La iglesia de Kanya* es clandestina e ilegal.
Si la vieras por fuera, ni siquiera pensarías que es una iglesia, ya que se trata solamente de un pequeño espacio dentro de una choza, donde el techo es una lona de plástico y no hay agua corriente ni electricidad.
La casa donde se reúne su iglesia está en un terreno propiedad de un gobierno que podría clausurarla en cualquier momento por no estar registrada.
La pequeña congregación se reúne cada semana, adorando en la clandestinidad, a puerta cerrada… y bajo presión.
Kanya y su esposo, Phonesay*, viven en una choza cercana, apretados con su familia de seis personas en un espacio pequeño sin infraestructura básica.
La suya es una de varias en ese terreno, y cada una pertenece a una familia cristiana.
No son las mejores condiciones para vivir, pero la pareja sabe que podría ser peor, si la comunidad y las autoridades decidieran clausurar o incluso demoler su iglesia.
Lo saben porque…
…ya ha ocurrido antes.
Un milagro para creer
Kanya y Phonesay proceden de la zona rural de Laos, país que ocupa el puesto número 28 de la Lista Mundial de la Persecución de 2026, que documenta cada año los 50 primeros países donde seguir a Jesús implica riesgo, presión o violencia.
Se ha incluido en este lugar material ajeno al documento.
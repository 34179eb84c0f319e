-- ===== src/Rtc/Sender/Feedback.antt =====
-- rtc/sender.go: which buffers `AcceptFeedback` hands on, and when its goroutine stops to do so.
use native.Mathlib.Decide.{dec_lt}
use rtq_go_endpoint.Common.{
  Bool-cases, ◌⊎◌, ◌↔◌, ℕ, zero, suc, ◌+◌, ◌<◌, ◌≤◌, ◌≡◌, ◌∙◌, refl, sym, inl, inr, Bool, true,
  false, none, some, List, [], ◌∷◌, ◌++◌, append-nil, append_assoc, map, if◌then◌else◌, arith,
}
use rtq_go_endpoint.Rtc.Sender.{
  ReadResult, Progress, reading, stuck, panicked, Accepted, send_error, accept_feedback,
}

abbrev one_if : Bool → ℕ
one_if b = if b then 1 else 0

send_error-cases :
    (b : Bool) (n : ℕ)
    → ((n < one_if b) × (send_error b n ≡ none))
      ⊎ ((m : ℕ) × ((n ≡ m + one_if b) × (send_error b n ≡ some m)))
unfolding send_error
send_error-cases false n = inr (n, (omega arith, refl))
send_error-cases true zero = inl (omega arith, refl)
send_error-cases true (suc n) = inr (n, (omega arith, refl))

module _ (rejects : List ℕ → Bool) where
  -- The rounds before the first one that finds no reader.
  pub served : List ReadResult → List ReadResult
  served [] = []
  served (r ∷ rs) = if r.has_reader then r ∷ served rs else []

  -- Whether there is such a round.
  pub lacks_reader : List ReadResult → Bool
  lacks_reader [] = false
  lacks_reader (r ∷ rs) = if r.has_reader then lacks_reader rs else true

  -- The errors that are to be sent: of the reads, and of the reader on what was read, up to a round without a reader,
  -- of which the error of the read is still sent.
  pub errors : List ReadResult → ℕ
  errors [] = 0
  errors (r ∷ rs) =
      one_if r.failed + (if r.has_reader then one_if (rejects r.bytes) + errors rs else 0)

  abbrev pub at_end : List ReadResult → Progress
  at_end rs = if lacks_reader rs then panicked else reading

  record Outcome (receivers : ℕ) (rs : List ReadResult) (before : List (List ℕ)) (a : Accepted)
      : Type 0 where
    enough :
        errors rs ≤ receivers
        → (a.handed ≡ before ++ map (λ (r : ReadResult). r.bytes) (served rs))
          × (a.progress ≡ at_end rs)
    few : receivers < errors rs → a.progress ≡ stuck

  -- One round, by whether it finds a reader.
  round-Outcome :
      (bytes : List ℕ) (failed has_reader : Bool) (n : ℕ) (rs : List ReadResult)
      (before : List (List ℕ))
      → ((k : ℕ) (next : List (List ℕ)) → Outcome k rs next (accept_feedback rejects k rs next))
      → let r : ReadResult = record { bytes = bytes; failed = failed; has_reader = has_reader } in
        Outcome n (r ∷ rs) before (accept_feedback rejects n (r ∷ rs) before)
  unfolding accept_feedback errors served lacks_reader
  round-Outcome bytes failed false n rs before rest = elim (send_error-cases failed n) [
    | inl (short, stops) ↦
        rw (stops, accept_feedback) (record { enough = λ h. ground arith; few = λ h. refl })
    | inr (m, (left, sent)) ↦
        rw (sent, accept_feedback)
          (record {
            enough = λ h. (sym (append-nil before), refl);
            few = λ h. absurd (omega (arith, h, left));
          })
  ]
  round-Outcome bytes failed true n rs before rest = elim (send_error-cases failed n) [
    | inl (short, stops) ↦
        rw (stops, accept_feedback) (record { enough = λ h. ground arith; few = λ h. refl })
    | inr (m, (left, sent)) ↦
        rw (sent, accept_feedback)
          (elim (send_error-cases (rejects bytes) m) [
            | inl (short, stops) ↦
                rw (stops, accept_feedback) (record { enough = λ h. ground arith; few = λ h. refl })
            | inr (k, (left', sent')) ↦
                rw (sent', accept_feedback)
                  (let o = rest k (before ++ (bytes ∷ [])) in
                    record {
                      enough = λ h.
                          let (all, free) = o.enough (omega (arith, h, left, left')) in
                          (all ∙ append_assoc before (bytes ∷ []) _, free);
                      few = λ h. o.few (omega (arith, h, left, left'));
                    })
          ])
  ]

  accept-Outcome :
      (receivers : ℕ) (rs : List ReadResult) (before : List (List ℕ))
      → Outcome receivers rs before (accept_feedback rejects receivers rs before)
  unfolding accept_feedback errors served lacks_reader
  accept-Outcome n [] before = record {
    enough = λ h. (sym (append-nil before), refl);
    few = λ h. ground arith;
  }
  accept-Outcome n (r ∷ rs) before =
      round-Outcome r.bytes r.failed r.has_reader n rs before (λ k next. accept-Outcome k rs next)

  at_end-stuck : (rs : List ReadResult) → ¬ (at_end rs ≡ stuck)
  at_end-stuck rs h = elim (Bool-cases (lacks_reader rs)) [
    | inl lacks ↦ cc (rw lacks at h)
    | inr has ↦ cc (rw has at h)
  ]

  -- If more errors come up than are received, the goroutine waits for ever at a send. If not, every buffer is handed to the
  -- RTCP reader, in order, also what a failed read has left, up to the first round that comes before `Start` has
  -- set the reader, where the goroutine panics; without such a round it goes on to read. The errors are those
  -- of the rounds before such a round, and of its read.
  pub accept_feedback_ends :
      (receivers : ℕ) (rs : List ReadResult)
      → ((accept_feedback rejects receivers rs []).progress ≡ stuck ↔ receivers < errors rs)
        × (errors rs ≤ receivers
            → ((accept_feedback rejects receivers rs []).handed
                ≡ map (λ (r : ReadResult). r.bytes) (served rs))
              × ((accept_feedback rejects receivers rs []).progress ≡ at_end rs))
  accept_feedback_ends receivers rs =
      let o = accept-Outcome receivers rs [] in
      let is_late : (accept_feedback rejects receivers rs []).progress ≡ stuck
          → receivers < errors rs =
        (λ h. elim (dec_lt receivers (errors rs)) [
          | yes more ↦ more
          | no fits ↦ absurd (at_end-stuck rs (sym (o.enough (omega arith)).1 ∙ h))
        ]) in
      ((is_late, o.few), o.enough)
Su comunidad está profundamente arraigada en un sistema de creencias animista en el que se cree que casi todo, tanto lo vivo como lo inerte, posee un espíritu, y que enfadarlo o negarse a aplacarlo trae consecuencias desastrosas. Este sistema de creencias está tan ligado a la identidad tribal que adoptar creencias diferentes puede parecer una traición a la herencia cultural y a la comunidad.
La pareja fue criada en este sistema animista y nunca tuvo muchas razones para dudar de él, hasta que Kanya enfermó gravemente a causa de unos problemas dentales.
Nada lograba aliviarla y, dado que eran pobres, no se podían permitir el cerdo o el pollo necesarios para hacer una ofrenda a los espíritus. Entonces, alguien le dijo a Kanya que podía intentar algo diferente: «Si crees en Dios, Él puede ayudarte», recuerda que le propusieron.
Decidieron intentarlo. Phonesay animó a su esposa a creer, prometiendo incluso que la seguiría en su fe si se sanaba.
Dios comenzó a trabajar de inmediato en el corazón de Kanya. «El Señor me reveló algo que me hizo querer seguirlo. Así que decidí creer. En ese momento, puse mi fe en Jesús, recuperé mis fuerzas, y fui sanada gracias al Señor», explica.
Kanya y Phonesay estaban llenos de alegría. Él pensó que tendría tiempo de asimilar esta nueva fe mientras no hubiera persecución.
Comunidad anti-cristiana
Pero debido al lugar donde viven en Laos, la persecución era una certeza.
El primer incidente ocurrió apenas unos días después de la conversión de Kanya. Ella había invitado a su hermano, quien también es creyente, a dirigir un tiempo de adoración para ella y otros cristianos. Mientras estaba en la aldea, las autoridades locales confiscaron su motocicleta y se negaron a devolvérsela.
Lo peor es que cuando los cristianos acudieron a la policía para recuperar el vehículo robado, la lista de exigencias de las autoridades fue en aumento. El oficial les demandó que renunciasen a su fe en Jesús. También les dijo que debían abandonar sus hogares, ya que los aldeanos no les permitían quedarse allí. «Respondí con firmeza que no renunciaría a mi fe. Aunque muera, jamás renunciaré a Jesús», recuerda Kanya.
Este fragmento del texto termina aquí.